Rencana Khusus: RI dan 18 Negara Kecam Israel yang Perluas Kendali di Tepi Barat
RI dan 18 Negara Kecam Israel yang Perluas Kendali di Tepi Barat
Menteri Luar Negeri Indonesia serta 18 negara lainnya mengkritik tindakan Israel yang memperluas kekuasaannya di Tepi Barat. Sekumpulan menteri luar negeri dan organisasi Islam internasional menilai langkah tersebut melanggar hukum internasional serta resolusi Dewan Keamanan PBB. Mereka menyoroti bahwa kebijakan Israel menimbulkan perubahan besar-besaran, dengan mengklasifikasikan tanah Palestina sebagai wilayah negara Israel, mempercepat pembangunan pemukiman ilegal, dan memperkuat administrasi pemerintahannya.
“Kami mengecam serangkaian keputusan Israel yang baru saja diumumkan, yang dianggap sebagai pelanggaran terhadap hukum internasional dan Resolusi Dewan Keamanan PBB sebelumnya,” tulis 19 menteri luar negeri, Sekretaris Jenderal Liga Arab, serta organisasi kerja sama Islam dalam pernyataan bersama.
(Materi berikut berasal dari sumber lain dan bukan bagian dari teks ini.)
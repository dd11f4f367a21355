-- ===== src/Route/Table/Laws.antt =====
-- Which handlers a dispatch runs.
use jaclibc.Base.{
  zero, suc, subst, dec_lt, ◌<◌, ◌+◌, ◌≤◌, ◌≡◌, ◌≢◌, ◌⊎◌, inl, inr, Bool, true, false, ◌==◌,
  if◌then◌else◌, ℤ, pos, negsuc, Option, none, some, List, [], ◌∷◌, ◌++◌, length, arith, refl, ap,
  sym, ◌∙◌,
}
use jaclibc.Route.{Signs, Text, route_match}
use jaclibc.Route.Table.{Route, Context, forward_loop, route_forward, forward_max, match_max}

module _ {ℓ κ} {H : Type ℓ} {S : Type κ} (run : H → List Text → Context S → ℤ × Context S)
    (signs : Signs) where
  -- The handlers whose patterns the path fits, in order, with what the patterns take.
  abbrev pub Matching : List (Route H) → Text → List (H × List Text) → Type ℓ
  Matching [] path hs = hs ≡ []
  Matching (r ∷ routes) path hs =
      (rest : List (H × List Text)) × Matching routes path rest
      × (((route_match signs path r.pattern match_max ≡ some none) × (hs ≡ rest))
          ⊎ ((argv : List Text) × (route_match signs path r.pattern match_max ≡ some (some argv))
              × (hs ≡ (r.handler, argv) ∷ rest)))

  -- These handlers, one after the other, answer 0 and take the context from c to c'.
  abbrev pub Silent : List (H × List Text) → Context S → Context S → Type κ
  Silent [] c c' = c' ≡ c
  Silent ((h, argv) ∷ hs) c c' = (d : Context S) × (run h argv c ≡ (pos 0, d)) × Silent hs d c'

  -- All answered 0, or the last one that ran did not.
  abbrev pub Outcome :
      List (H × List Text) → Bool → Context S → Option (ℤ × Context S) → Type (ℓ ⊔ κ)
  Outcome hs matched c o =
      ((c' : Context S) × Silent hs c c'
        × (o ≡ some ((if matched then pos 0 else if length hs == 0 then negsuc 0 else pos 0), c')))
      ⊎ ((before after : List (H × List Text)) × (h : H) × (argv : List Text) × (c' d : Context S)
          × (r : ℤ) × (hs ≡ before ++ (h, argv) ∷ after)
          × Silent before c c'
          × (run h argv c' ≡ (r, d))
          × (r ≢ pos 0)
          × (o ≡ some (r, d)))

  -- A handler that answers 0 is passed over.
  pass_over :
      (h : H) (argv : List Text) (rest : List (H × List Text)) (matched : Bool) (c d : Context S)
      (o : Option (ℤ × Context S))
      → run h argv c ≡ (pos 0, d)
      → Outcome rest true d o
      → Outcome ((h, argv) ∷ rest) matched c o
  pass_over h argv rest matched c d o e (inl (c', silent, same)) =
      inl (c', (d, e, silent), same ∙ ground arith)
  pass_over h argv rest matched c d o e
        (inr (before, after, g, args, c', d', r, same, silent, ran, ne, ended)) =
      inr (
        (h, argv) ∷ before,
        after,
        g,
        args,
        c',
        d',
        r,
        ap (λ (l : List (H × List Text)). (h, argv) ∷ l) same,
        (d, e, silent),
        ran,
        ne,
        ended,
      )

  first_runs :
      (h : H) (argv : List Text) (rest : List (H × List Text)) (matched : Bool) (c : Context S)
      (next : Context S → Option (ℤ × Context S))
      → ((d : Context S) → Outcome rest true d (next d))
      → (x : ℤ × Context S) → run h argv c ≡ x
      → Outcome
          ((h, argv) ∷ rest)
          matched
          c
          (elim x.0 [ pos zero ↦ next x.1 | other ↦ some (other, x.1) ])
  first_runs h argv rest matched c next all (pos zero, d) e =
      pass_over h argv rest matched c d (next d) e (all d)
  first_runs h argv rest matched c next all (pos (suc n), d) e =
      inr ([], rest, h, argv, c, d, pos (suc n), refl, refl, e, (λ z. ground (arith, z)), refl)
  first_runs h argv rest matched c next all (negsuc n, d) e =
      inr ([], rest, h, argv, c, d, negsuc n, refl, refl, e, (λ z. ground (arith, z)), refl)

  skip_step :
      (r : Route H) (routes : List (Route H)) (path : Text) (matched : Bool) (c : Context S)
      → route_match signs path r.pattern match_max ≡ some none
      → forward_loop run signs (r ∷ routes) path matched c
        ≡ forward_loop run signs routes path matched c
  unfolding forward_loop
  skip_step r routes path matched c e = ground (arith, e)

  run_step :
      (r : Route H) (routes : List (Route H)) (path : Text) (argv : List Text) (matched : Bool)
      (c : Context S)
      → route_match signs path r.pattern match_max ≡ some (some argv)
      → forward_loop run signs (r ∷ routes) path matched c ≡ (elim (run r.handler argv c).0 [
        | pos zero ↦ forward_loop run signs routes path true (run r.handler argv c).1
        | other ↦ some (other, (run r.handler argv c).1)
      ])
  unfolding forward_loop
  run_step r routes path argv matched c e = ground (arith, e)

  forward_loop_lem :
      (routes : List (Route H)) (path : Text) (hs : List (H × List Text)) (matched : Bool)
      (c : Context S)
      → Matching routes path hs
      → Outcome hs matched c (forward_loop run signs routes path matched c)
  unfolding forward_loop
  forward_loop_lem [] path hs matched c m =
      inl (c, subst (λ (l : List (H × List Text)). Silent l c c) (sym m) refl, ground (arith, m))
  forward_loop_lem (r ∷ routes) path hs matched c (rest, m, inl (e, same)) =
      subst
        (λ (l : List (H × List Text)).
          Outcome l matched c (forward_loop run signs (r ∷ routes) path matched c))
        (sym same)
        (subst (Outcome rest matched c) (sym (skip_step r routes path matched c e))
          (forward_loop_lem routes path rest matched c m))
  forward_loop_lem (r ∷ routes) path hs matched c (rest, m, inr (argv, e, same)) =
      subst
        (λ (l : List (H × List Text)).
          Outcome l matched c (forward_loop run signs (r ∷ routes) path matched c))
        (sym same)
        (subst (Outcome ((r.handler, argv) ∷ rest) matched c)
          (sym (run_step r routes path argv matched c e))
          (first_runs r.handler argv rest matched c (λ d. forward_loop run signs routes path true d)
            (λ d. forward_loop_lem routes path rest true d m) (run r.handler argv c) refl))

  -- More than 16 forwards run no handler and answer 0. Else the handlers whose patterns the path fits
  -- are run in the order of registration, with what their patterns take, up to the first that does not
  -- answer 0, whose answer is the result; if all answer 0, the result is 0, and -1 if no pattern fits.
  -- The patterns read nothing outside of the strings.
  pub route_forward_lem :
      (routes : List (Route H)) (path : Text) (hs : List (H × List Text)) (c : Context S)
      → Matching routes path hs
      → let c' : Context S = record c { hops = c.hops + 1 } in
        ((forward_max < c.hops) × (route_forward run signs routes path c ≡ some (pos 0, c')))
        ⊎ ((c.hops ≤ forward_max) × Outcome hs false c' (route_forward run signs routes path c))
  unfolding route_forward
  route_forward_lem routes path hs c m =
      let c' : Context S = record c { hops = c.hops + 1 } in
      elim (dec_lt forward_max c.hops) [
        | yes far ↦ inl (far, ground (arith, far))
        | no near ↦
            let on : route_forward run signs routes path c
                ≡ forward_loop run signs routes path false c' =
              ground (arith, near) in
            inr (
              omega arith,
              subst (Outcome hs false c') (sym on) (forward_loop_lem routes path hs false c' m),
            )
      ]
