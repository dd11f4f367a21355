-- ===== src/Scan.antt =====
-- include/string.h: searching in NUL-terminated strings and splitting them, strchr to strtok_r,
-- and the aliases index and rindex of include/strings.h.
-- A loop that ends at a NUL byte takes fuel; `none` means that the fuel ran out.
pub mod Find
pub mod Tokens
pub mod Cut
use jaclibc.Base.{
  ℕ, zero, suc, ◌+◌, ◌%◌, Bool, true, false, not, ◌||◌, ◌==◌, if◌then◌else◌, ℤ, pos, negsuc, Option,
  none, some, ◌>>=◌,
}
use jaclibc.Memory.{Memory, Ptr, null, store}
use jaclibc.Str.{strlen, strncmp}

unfoldable pub find_char : ℕ → Memory → Ptr → ℕ → Option Ptr
find_char zero m s c = none
find_char (suc f) m s c =
    let rest = find_char f m (s + 1) c in
    if m s == c % 256 then some s else if m s == 0 then some null else rest

unfoldable pub strchr : ℕ → Memory → Ptr → ℕ → Option Ptr
strchr f m s c = if s == null then some null else find_char f m s c

unfoldable pub find_last : ℕ → Memory → Ptr → ℕ → Ptr → Option Ptr
find_last zero m s c r = none
find_last (suc f) m s c r =
    let r' = if m s == c % 256 then s else r in
    let rest = find_last f m (s + 1) c r' in if m s == 0 then some r' else rest

unfoldable pub strrchr : ℕ → Memory → Ptr → ℕ → Option Ptr
strrchr f m s c = if s == null then some null else find_last f m s c null

unfoldable pub index : ℕ → Memory → Ptr → ℕ → Option Ptr
index = strchr

unfoldable pub rindex : ℕ → Memory → Ptr → ℕ → Option Ptr
rindex = strrchr

-- for (; *h; h++) if (!strncmp(h, n, nl)) return h;
unfoldable pub window_scan : Bool → ℕ → Memory → Ptr → Ptr → ℕ → Option Ptr
window_scan signed zero m h n nl = none
window_scan signed (suc f) m h n nl =
    let rest = window_scan signed f m (h + 1) n nl in
    let found : Option Ptr = elim (strncmp signed m h n nl) [ pos zero ↦ some h | _ ↦ rest ] in
    if m h == 0 then some null else found

unfoldable pub strstr : Bool → ℕ → Memory → Ptr → Ptr → Option Ptr
strstr signed f m h n =
    if h == null || n == null
    then some null
    else (do nl ← strlen f m n; if nl == 0 then some h else window_scan signed f m h n nl)

-- while (s[i] && strchr(set, s[i])) i++; with `want` false for while (s[i] && !strchr(set, s[i])).
unfoldable pub span_loop : Bool → ℕ → ℕ → Memory → Ptr → Ptr → ℕ → Option ℕ
span_loop want zero g m s set i = none
span_loop want (suc f) g m s set i =
    let rest = span_loop want f g m s set (i + 1) in
    if m (s + i) == 0
    then some i
    else strchr g m set (m (s + i)) >>= λ p.
        if (if want then not (p == null) else p == null) then rest else some i

unfoldable pub strspn : ℕ → Memory → Ptr → Ptr → Option ℕ
strspn f m s accept =
    if s == null || accept == null then some 0 else span_loop true f f m s accept 0

unfoldable pub strcspn : ℕ → Memory → Ptr → Ptr → Option ℕ
strcspn f m s reject = if s == null then some 0 else span_loop false f f m s reject 0

-- for (; *s; s++) if (strchr(accept, *s)) return s;
unfoldable pub break_loop : ℕ → ℕ → Memory → Ptr → Ptr → Option Ptr
break_loop zero g m s accept = none
break_loop (suc f) g m s accept =
    let rest = break_loop f g m (s + 1) accept in
    if m s == 0
    then some null
    else strchr g m accept (m s) >>= λ p. if p == null then rest else some s

unfoldable pub strpbrk : ℕ → Memory → Ptr → Ptr → Option Ptr
strpbrk f m s accept = if s == null || accept == null then some null else break_loop f f m s accept

-- What `strtok_r` leaves: the token (or NULL), the saved pointer `*save` and the memory after the call.
pub record Token : Type 0 where
  pub start : Ptr
  pub save : Ptr
  pub mem : Memory

-- From the first byte that is no delimiter: `save` is not NULL, and *save is the argument `save`.
unfoldable pub cut_token : ℕ → Memory → Ptr → Ptr → Option Token
cut_token f m p delim =
    if m p == 0
    then some (record { start = null; save = null; mem = m })
    else strcspn f m p delim >>= λ n. some (
        if m (p + n) == 0
        then record { start = p; save = p + n; mem = m }
        else record { start = p; save = p + n + 1; mem = store m (p + n) 0 })

-- `save` is the value of `*save` before the call; the address of that pointer is not NULL.
unfoldable pub strtok_r : ℕ → Memory → Ptr → Ptr → Ptr → Option Token
strtok_r f m s delim save =
    let p = if s == null then save else s in
    if delim == null || p == null
    then some (record { start = null; save = save; mem = m })
    else strspn f m p delim >>= λ n. cut_token f m (p + n) delim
Pernyataan tersebut dikutip dari akun X resmi Kementerian Luar Negeri Indonesia, Selasa (24/2/2026).
Dalam pernyataan tersebut, para menteri menyoroti bahwa tindakan Israel mempercepat kebijakan permukiman yang tidak dapat dibantah, termasuk persetujuan proyek E1 dan pengumuman tender terkait. Mereka menyatakan bahwa langkah ini merupakan serangan langsung terhadap kelangsungan hidup Negara Palestina serta implementasi Solusi Dua Negara.
Kehadiran 19 menteri luar negeri, serta Sekretaris Jenderal Liga Arab dan Organisasi Kerja Sama Islam, mempertegas penolakan terhadap keputusan Israel yang berdampak pada status wilayah Palestina. Mereka menilai tindakan itu mengubah komposisi demografis dan karakter wilayah yang diduduki sejak 1967, termasuk Yerusalem Timur. “Kami menentang segala bentuk aneksasi,” tambah para menteri dalam pernyataan yang sama.
Dalam konteks ini, para menteri menginginkan Israel segera membatalkan kebijakan yang merusak upaya perdamaian dan stabilitas wilayah. Mereka juga menekankan pentingnya mempertahankan status quo historis dan legal di Yerusalem, serta melindungi situs-situs suci selama bulan suci Ramadan. “Kami menegaskan kembali komitmen untuk mengambil langkah konkret sesuai hukum internasional untuk menghentikan perluasan pemukiman ilegal dan ancaman pengusiran paksa,” kata mereka.
Kecaman Terhadap Ucapan Dubes AS tentang Wilayah Timteng
Lebih lanjut, para menteri menyerukan Israel agar menghormati wilayah yang dianggap sebagai situs suci di Yerusalem. Mereka juga mengecam ucapan Dubes AS yang menyatakan Israel berhak atas sebagian besar wilayah Timteng. “Kami menolak tindakan yang bertujuan mengubah status hukum dan administratif wilayah Palestina,” tulis para menteri dalam pernyataan mereka.